> Listed entries:
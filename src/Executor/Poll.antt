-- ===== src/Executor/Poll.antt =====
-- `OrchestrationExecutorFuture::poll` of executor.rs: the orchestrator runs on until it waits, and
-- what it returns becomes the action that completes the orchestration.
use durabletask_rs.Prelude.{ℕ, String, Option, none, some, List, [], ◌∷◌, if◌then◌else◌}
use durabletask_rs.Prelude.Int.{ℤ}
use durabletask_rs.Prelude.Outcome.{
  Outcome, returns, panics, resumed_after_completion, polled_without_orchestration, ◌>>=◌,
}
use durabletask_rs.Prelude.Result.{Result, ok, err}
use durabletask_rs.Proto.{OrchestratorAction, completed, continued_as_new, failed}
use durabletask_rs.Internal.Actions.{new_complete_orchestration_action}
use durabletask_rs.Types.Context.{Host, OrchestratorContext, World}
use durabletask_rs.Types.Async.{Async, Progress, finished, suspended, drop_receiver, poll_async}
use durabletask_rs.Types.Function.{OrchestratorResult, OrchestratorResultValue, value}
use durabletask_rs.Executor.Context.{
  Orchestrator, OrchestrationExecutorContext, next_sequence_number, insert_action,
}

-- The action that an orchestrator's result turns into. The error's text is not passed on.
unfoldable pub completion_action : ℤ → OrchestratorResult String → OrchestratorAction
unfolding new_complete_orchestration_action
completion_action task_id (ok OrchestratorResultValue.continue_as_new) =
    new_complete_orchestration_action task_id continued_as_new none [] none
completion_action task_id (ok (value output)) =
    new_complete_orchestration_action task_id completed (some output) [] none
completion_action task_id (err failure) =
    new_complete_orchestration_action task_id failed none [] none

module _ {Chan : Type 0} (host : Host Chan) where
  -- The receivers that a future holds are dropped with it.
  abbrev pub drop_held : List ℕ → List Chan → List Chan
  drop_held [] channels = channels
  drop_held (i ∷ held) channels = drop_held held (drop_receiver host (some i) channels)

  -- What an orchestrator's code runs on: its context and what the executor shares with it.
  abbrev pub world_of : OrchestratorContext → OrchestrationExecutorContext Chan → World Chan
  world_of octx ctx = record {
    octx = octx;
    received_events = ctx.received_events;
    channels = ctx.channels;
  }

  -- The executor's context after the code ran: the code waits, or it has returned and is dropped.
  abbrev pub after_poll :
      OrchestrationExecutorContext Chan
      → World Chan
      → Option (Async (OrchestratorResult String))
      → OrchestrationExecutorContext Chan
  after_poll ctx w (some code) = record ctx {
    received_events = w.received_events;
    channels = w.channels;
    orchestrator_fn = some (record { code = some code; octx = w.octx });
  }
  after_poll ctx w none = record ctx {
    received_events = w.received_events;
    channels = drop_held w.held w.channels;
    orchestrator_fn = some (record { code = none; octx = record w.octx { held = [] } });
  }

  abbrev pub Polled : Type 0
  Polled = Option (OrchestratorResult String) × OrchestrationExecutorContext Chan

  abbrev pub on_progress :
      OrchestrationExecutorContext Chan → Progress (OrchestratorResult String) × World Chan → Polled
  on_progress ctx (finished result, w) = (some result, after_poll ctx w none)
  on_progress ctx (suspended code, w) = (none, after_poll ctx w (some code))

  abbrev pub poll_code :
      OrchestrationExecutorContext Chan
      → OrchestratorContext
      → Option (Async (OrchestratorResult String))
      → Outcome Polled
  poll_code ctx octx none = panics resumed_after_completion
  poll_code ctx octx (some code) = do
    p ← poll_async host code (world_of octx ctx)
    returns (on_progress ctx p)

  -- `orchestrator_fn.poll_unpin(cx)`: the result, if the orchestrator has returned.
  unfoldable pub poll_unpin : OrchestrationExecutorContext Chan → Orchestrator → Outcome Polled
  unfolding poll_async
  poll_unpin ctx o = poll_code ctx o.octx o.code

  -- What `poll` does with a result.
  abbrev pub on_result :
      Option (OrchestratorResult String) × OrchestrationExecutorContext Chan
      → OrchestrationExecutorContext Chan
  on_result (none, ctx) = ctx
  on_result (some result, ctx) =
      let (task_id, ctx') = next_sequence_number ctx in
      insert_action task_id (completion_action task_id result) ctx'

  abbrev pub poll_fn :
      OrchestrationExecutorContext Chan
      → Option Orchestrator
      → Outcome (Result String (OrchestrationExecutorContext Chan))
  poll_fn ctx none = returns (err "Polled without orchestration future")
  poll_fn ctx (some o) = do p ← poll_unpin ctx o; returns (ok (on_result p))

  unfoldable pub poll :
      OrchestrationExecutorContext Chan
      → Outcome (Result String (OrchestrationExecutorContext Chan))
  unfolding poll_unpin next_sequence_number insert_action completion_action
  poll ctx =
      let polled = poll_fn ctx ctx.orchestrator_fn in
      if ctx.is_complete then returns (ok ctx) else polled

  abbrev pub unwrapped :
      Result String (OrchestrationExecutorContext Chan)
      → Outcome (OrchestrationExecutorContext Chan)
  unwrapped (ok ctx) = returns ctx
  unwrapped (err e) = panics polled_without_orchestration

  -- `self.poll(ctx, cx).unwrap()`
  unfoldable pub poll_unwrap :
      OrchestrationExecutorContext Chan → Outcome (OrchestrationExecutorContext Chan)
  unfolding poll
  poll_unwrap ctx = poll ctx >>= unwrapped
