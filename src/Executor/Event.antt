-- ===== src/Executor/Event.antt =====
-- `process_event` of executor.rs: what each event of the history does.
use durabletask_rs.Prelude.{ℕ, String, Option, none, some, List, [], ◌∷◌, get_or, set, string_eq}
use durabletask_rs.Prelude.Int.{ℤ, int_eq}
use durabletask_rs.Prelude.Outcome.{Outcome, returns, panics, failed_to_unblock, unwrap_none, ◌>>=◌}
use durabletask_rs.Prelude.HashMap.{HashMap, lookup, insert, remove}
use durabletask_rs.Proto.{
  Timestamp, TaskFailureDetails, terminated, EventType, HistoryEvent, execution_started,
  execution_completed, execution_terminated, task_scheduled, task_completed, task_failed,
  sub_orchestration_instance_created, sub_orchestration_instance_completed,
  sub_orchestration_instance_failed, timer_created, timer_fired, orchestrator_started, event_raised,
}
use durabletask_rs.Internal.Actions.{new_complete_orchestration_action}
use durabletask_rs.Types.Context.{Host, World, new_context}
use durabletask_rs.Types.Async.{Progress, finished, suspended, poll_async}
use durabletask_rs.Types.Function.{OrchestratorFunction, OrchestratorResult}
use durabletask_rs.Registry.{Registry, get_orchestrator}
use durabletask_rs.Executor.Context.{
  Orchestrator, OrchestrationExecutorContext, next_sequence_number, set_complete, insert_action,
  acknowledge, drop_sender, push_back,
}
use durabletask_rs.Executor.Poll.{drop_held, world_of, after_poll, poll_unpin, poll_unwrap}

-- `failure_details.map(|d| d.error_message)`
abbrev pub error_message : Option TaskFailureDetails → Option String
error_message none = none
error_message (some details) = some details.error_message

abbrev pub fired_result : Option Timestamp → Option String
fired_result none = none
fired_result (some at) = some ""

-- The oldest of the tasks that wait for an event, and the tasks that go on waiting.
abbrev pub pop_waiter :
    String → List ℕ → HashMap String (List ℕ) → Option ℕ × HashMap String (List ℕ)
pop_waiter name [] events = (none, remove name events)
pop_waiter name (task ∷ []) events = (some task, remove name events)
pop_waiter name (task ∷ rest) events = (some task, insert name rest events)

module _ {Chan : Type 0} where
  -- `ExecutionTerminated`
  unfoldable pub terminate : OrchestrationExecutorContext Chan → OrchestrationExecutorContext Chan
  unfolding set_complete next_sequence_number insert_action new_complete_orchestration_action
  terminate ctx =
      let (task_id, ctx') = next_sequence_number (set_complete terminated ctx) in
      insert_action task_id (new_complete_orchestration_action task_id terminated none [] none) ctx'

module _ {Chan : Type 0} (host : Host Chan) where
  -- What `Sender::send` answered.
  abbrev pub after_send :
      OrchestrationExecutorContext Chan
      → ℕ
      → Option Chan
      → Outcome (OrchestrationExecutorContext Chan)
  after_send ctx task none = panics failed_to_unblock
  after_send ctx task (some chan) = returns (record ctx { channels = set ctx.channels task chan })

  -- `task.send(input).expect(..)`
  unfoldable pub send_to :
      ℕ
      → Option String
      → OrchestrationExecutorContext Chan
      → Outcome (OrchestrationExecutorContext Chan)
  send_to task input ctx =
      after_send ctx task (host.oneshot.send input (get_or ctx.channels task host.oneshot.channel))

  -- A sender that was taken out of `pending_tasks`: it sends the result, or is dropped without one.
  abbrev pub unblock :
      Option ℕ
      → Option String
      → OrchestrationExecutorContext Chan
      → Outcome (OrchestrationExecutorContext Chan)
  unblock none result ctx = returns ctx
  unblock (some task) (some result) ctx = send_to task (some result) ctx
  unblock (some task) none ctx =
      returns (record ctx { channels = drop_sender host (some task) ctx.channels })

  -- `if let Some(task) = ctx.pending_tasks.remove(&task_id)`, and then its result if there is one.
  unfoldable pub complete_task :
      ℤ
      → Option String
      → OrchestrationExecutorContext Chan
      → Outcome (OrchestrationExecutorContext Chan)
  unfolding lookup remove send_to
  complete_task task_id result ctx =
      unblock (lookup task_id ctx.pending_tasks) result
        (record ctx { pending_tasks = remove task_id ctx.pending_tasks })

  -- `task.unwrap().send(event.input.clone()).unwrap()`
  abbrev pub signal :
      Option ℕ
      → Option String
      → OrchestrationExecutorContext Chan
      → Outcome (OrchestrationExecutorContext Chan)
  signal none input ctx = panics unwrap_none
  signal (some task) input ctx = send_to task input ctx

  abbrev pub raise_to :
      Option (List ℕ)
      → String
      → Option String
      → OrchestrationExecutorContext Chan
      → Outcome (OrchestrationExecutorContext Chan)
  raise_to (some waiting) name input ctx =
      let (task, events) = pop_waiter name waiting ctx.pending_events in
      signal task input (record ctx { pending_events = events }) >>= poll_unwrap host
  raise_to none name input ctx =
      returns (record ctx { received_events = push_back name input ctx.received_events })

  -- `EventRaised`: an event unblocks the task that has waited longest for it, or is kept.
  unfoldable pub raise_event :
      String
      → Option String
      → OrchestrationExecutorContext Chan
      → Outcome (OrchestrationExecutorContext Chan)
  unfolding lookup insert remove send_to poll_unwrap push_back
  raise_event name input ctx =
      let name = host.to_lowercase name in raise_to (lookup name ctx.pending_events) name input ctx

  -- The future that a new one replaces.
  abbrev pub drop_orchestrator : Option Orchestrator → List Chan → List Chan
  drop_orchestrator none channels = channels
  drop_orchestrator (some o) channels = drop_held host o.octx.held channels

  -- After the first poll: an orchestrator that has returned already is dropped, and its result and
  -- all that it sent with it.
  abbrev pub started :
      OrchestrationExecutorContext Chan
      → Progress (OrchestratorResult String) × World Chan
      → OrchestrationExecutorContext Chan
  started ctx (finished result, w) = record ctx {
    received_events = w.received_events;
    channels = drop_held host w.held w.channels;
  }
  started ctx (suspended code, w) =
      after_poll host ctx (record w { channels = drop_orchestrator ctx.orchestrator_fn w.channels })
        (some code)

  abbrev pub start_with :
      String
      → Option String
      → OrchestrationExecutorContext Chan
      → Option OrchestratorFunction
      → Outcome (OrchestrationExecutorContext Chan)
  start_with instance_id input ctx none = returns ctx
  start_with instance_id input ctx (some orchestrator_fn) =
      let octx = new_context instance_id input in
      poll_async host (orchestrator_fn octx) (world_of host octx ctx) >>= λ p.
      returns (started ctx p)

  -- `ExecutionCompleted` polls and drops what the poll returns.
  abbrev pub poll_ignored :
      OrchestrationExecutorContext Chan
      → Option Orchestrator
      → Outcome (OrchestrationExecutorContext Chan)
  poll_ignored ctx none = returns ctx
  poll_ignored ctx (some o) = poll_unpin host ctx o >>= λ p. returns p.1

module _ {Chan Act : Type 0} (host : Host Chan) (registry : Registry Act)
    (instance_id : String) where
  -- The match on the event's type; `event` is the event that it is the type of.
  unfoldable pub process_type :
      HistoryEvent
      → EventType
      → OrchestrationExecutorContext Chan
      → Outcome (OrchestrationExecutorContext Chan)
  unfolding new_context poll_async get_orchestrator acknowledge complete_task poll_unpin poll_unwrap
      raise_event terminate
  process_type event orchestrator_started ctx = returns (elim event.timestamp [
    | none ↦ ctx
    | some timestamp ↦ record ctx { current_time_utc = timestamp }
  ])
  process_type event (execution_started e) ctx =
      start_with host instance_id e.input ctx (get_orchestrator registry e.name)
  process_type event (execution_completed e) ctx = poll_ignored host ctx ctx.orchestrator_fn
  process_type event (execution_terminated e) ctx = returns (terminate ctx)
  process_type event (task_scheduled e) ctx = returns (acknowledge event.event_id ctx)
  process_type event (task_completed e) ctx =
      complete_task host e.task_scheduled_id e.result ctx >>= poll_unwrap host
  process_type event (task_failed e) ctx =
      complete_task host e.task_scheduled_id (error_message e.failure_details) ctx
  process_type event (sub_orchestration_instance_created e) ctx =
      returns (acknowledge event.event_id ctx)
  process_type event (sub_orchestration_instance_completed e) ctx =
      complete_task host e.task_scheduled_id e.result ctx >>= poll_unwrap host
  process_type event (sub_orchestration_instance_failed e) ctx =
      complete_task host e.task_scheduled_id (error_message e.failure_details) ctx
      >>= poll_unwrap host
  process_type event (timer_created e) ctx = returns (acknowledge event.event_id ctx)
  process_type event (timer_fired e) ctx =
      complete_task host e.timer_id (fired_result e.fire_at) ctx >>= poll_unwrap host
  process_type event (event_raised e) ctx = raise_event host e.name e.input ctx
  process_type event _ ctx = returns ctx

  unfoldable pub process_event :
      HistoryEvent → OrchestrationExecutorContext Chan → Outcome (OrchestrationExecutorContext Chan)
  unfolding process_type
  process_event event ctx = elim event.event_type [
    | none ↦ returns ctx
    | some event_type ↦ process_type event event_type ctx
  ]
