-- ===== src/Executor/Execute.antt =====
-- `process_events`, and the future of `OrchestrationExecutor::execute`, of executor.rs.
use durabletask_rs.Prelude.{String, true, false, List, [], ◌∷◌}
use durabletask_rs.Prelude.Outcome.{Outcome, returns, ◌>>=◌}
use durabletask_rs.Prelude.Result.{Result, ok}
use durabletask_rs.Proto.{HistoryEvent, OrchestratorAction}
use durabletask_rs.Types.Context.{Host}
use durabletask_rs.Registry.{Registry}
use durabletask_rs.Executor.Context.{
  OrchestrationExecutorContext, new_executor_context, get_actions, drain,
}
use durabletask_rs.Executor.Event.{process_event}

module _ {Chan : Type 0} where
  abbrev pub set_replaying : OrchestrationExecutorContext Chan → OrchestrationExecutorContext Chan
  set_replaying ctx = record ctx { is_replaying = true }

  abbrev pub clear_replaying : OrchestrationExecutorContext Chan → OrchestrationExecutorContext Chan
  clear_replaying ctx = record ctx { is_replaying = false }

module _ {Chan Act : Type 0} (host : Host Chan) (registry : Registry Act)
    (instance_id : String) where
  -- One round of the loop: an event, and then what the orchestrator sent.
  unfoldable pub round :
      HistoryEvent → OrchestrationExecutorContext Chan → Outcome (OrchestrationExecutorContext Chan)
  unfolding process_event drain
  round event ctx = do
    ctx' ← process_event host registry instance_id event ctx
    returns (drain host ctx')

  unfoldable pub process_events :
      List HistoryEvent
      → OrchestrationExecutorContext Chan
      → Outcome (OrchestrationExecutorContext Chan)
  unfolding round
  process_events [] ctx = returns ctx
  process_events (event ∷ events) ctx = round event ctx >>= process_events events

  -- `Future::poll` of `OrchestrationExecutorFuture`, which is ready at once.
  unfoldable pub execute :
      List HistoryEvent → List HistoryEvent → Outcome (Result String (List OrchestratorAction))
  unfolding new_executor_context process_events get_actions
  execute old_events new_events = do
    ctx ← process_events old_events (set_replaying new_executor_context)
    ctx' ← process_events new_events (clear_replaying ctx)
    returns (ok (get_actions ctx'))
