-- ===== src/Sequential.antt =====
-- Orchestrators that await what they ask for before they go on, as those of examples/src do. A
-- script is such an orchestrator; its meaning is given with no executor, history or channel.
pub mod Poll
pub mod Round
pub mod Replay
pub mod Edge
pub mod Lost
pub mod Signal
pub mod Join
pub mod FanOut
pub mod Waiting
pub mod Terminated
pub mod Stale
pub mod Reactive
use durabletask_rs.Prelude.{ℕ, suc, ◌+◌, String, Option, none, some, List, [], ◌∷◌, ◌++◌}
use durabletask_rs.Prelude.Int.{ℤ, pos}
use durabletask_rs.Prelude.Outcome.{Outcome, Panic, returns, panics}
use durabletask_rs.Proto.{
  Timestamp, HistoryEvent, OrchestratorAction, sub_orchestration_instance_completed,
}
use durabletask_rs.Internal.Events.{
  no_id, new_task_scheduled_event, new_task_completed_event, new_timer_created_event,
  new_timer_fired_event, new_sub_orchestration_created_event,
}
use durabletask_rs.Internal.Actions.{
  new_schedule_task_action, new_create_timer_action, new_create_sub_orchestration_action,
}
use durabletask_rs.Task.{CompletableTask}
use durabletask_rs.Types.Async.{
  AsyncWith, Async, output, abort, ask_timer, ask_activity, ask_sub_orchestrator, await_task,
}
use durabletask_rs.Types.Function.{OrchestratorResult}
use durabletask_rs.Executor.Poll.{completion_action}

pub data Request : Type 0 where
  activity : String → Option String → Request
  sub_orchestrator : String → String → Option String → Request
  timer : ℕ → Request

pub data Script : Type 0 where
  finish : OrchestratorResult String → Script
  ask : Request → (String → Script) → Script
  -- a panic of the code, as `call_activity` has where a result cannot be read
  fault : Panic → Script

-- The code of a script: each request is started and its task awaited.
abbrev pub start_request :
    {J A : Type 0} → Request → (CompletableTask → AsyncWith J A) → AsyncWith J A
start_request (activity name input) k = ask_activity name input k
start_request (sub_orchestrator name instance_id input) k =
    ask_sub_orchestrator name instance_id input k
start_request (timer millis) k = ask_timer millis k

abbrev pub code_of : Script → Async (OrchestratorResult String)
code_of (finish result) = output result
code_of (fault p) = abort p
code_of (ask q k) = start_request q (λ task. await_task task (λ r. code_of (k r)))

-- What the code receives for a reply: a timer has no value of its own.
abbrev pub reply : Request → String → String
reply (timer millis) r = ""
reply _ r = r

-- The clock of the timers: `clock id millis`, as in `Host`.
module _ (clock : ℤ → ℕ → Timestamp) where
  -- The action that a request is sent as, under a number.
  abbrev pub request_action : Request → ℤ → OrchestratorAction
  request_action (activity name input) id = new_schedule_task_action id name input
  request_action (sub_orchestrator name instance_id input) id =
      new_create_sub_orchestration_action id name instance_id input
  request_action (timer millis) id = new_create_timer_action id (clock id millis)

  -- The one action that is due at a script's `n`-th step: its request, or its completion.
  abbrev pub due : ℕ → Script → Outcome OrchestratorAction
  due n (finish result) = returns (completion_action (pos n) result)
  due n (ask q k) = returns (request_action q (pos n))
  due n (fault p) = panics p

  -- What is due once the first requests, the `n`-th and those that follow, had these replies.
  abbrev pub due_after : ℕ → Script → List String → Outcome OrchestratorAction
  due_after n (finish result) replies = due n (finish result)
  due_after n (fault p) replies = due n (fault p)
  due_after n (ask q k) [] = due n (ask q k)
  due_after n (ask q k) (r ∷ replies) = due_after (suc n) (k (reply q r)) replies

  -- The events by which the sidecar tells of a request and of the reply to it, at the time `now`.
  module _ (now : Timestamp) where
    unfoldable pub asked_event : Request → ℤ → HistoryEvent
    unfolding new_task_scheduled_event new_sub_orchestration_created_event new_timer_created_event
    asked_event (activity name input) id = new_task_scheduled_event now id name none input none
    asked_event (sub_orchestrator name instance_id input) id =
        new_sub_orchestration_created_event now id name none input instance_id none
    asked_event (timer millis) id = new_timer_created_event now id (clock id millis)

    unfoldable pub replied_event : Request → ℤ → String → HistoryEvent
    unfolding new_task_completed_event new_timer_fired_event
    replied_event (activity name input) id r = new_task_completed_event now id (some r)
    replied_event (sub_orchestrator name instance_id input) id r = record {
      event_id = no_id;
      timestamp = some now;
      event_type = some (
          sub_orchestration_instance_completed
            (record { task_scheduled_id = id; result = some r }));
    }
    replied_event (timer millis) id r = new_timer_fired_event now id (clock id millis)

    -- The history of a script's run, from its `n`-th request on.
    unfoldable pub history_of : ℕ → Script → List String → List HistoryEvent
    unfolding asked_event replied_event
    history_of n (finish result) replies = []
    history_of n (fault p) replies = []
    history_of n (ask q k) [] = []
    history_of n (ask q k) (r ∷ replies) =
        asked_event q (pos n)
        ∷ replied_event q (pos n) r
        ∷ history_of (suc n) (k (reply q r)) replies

> Task to carry out:
Select and copy every line from the records that includes the word "lookup".

> Solution:
use durabletask_rs.Prelude.HashMap.{HashMap, lookup, insert, remove}
  unfolding lookup remove send_to
      unblock (lookup task_id ctx.pending_tasks) result
  unfolding lookup insert remove send_to poll_unwrap push_back
      let name = host.to_lowercase name in raise_to (lookup name ctx.pending_events) name input ctx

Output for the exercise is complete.